* What is required
Set down, character for character, everything in the records below from the line holding "unfoldable pub cancel : Pinger → Pinger" down to the line holding "-- The packet of a request.", and no other line.

* Supplied material
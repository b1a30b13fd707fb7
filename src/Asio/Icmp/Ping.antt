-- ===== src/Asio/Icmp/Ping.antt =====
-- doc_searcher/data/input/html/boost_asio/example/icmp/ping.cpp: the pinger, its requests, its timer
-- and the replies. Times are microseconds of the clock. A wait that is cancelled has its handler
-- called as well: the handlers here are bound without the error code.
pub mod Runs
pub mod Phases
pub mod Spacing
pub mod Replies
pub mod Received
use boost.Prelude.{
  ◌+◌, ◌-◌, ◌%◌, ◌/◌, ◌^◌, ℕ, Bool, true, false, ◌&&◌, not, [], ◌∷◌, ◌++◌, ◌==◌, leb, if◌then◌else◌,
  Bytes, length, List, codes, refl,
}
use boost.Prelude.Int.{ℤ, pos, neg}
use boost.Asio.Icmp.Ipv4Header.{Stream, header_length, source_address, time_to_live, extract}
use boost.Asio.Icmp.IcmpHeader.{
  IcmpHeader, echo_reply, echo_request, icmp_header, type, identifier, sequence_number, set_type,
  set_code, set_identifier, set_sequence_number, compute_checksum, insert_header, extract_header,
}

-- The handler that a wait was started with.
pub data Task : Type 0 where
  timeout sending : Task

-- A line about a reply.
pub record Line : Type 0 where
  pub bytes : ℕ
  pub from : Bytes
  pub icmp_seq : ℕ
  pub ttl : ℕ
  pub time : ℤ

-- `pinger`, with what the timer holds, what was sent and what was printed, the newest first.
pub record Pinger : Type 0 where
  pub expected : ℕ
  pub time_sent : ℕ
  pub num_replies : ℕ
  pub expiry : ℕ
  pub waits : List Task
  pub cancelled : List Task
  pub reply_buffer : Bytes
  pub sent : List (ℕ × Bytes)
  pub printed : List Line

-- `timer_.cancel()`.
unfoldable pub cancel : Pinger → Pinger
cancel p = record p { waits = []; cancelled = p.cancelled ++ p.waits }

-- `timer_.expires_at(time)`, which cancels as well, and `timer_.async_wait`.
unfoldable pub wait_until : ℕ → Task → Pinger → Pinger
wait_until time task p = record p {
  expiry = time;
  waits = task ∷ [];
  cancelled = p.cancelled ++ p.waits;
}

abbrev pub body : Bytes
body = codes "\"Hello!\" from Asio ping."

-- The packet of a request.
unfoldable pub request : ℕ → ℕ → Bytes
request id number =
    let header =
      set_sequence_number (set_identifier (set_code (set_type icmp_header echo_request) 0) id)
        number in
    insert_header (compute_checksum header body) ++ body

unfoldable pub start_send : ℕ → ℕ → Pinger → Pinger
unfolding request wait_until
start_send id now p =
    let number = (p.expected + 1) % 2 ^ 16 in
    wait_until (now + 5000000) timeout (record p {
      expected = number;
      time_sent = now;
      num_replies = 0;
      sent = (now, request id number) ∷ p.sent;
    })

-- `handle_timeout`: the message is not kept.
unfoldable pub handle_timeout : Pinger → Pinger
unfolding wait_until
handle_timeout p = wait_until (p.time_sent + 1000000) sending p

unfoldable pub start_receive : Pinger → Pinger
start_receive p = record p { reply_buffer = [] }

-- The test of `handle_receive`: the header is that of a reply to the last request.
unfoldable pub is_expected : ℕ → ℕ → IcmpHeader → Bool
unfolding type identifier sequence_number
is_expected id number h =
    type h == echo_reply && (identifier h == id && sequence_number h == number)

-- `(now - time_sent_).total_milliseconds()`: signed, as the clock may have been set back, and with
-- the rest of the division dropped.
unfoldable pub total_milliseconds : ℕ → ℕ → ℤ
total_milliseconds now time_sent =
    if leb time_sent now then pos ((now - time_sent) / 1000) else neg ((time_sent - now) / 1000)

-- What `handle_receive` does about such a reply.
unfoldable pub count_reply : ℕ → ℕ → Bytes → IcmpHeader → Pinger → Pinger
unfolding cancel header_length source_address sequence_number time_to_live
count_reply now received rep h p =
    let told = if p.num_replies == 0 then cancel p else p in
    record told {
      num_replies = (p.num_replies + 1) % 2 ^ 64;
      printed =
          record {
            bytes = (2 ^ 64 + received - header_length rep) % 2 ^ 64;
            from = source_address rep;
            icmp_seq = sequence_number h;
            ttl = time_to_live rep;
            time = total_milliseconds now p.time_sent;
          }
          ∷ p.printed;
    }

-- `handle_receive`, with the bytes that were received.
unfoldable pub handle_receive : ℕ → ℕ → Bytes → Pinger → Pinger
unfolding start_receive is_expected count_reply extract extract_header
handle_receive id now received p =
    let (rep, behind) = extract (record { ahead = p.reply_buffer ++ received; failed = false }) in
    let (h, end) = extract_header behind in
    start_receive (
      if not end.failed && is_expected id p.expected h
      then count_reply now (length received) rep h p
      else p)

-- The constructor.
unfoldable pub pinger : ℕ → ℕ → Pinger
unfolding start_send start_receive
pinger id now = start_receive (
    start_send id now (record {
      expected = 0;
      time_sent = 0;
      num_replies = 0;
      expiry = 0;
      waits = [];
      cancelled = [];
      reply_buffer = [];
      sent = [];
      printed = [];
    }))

* Response box
unfoldable pub cancel : Pinger → Pinger
cancel p = record p { waits = []; cancelled = p.cancelled ++ p.waits }

-- `timer_.expires_at(time)`, which cancels as well, and `timer_.async_wait`.
unfoldable pub wait_until : ℕ → Task → Pinger → Pinger
wait_until time task p = record p {
  expiry = time;
  waits = task ∷ [];
  cancelled = p.cancelled ++ p.waits;
}

abbrev pub body : Bytes
body = codes "\"Hello!\" from Asio ping."

-- The packet of a request.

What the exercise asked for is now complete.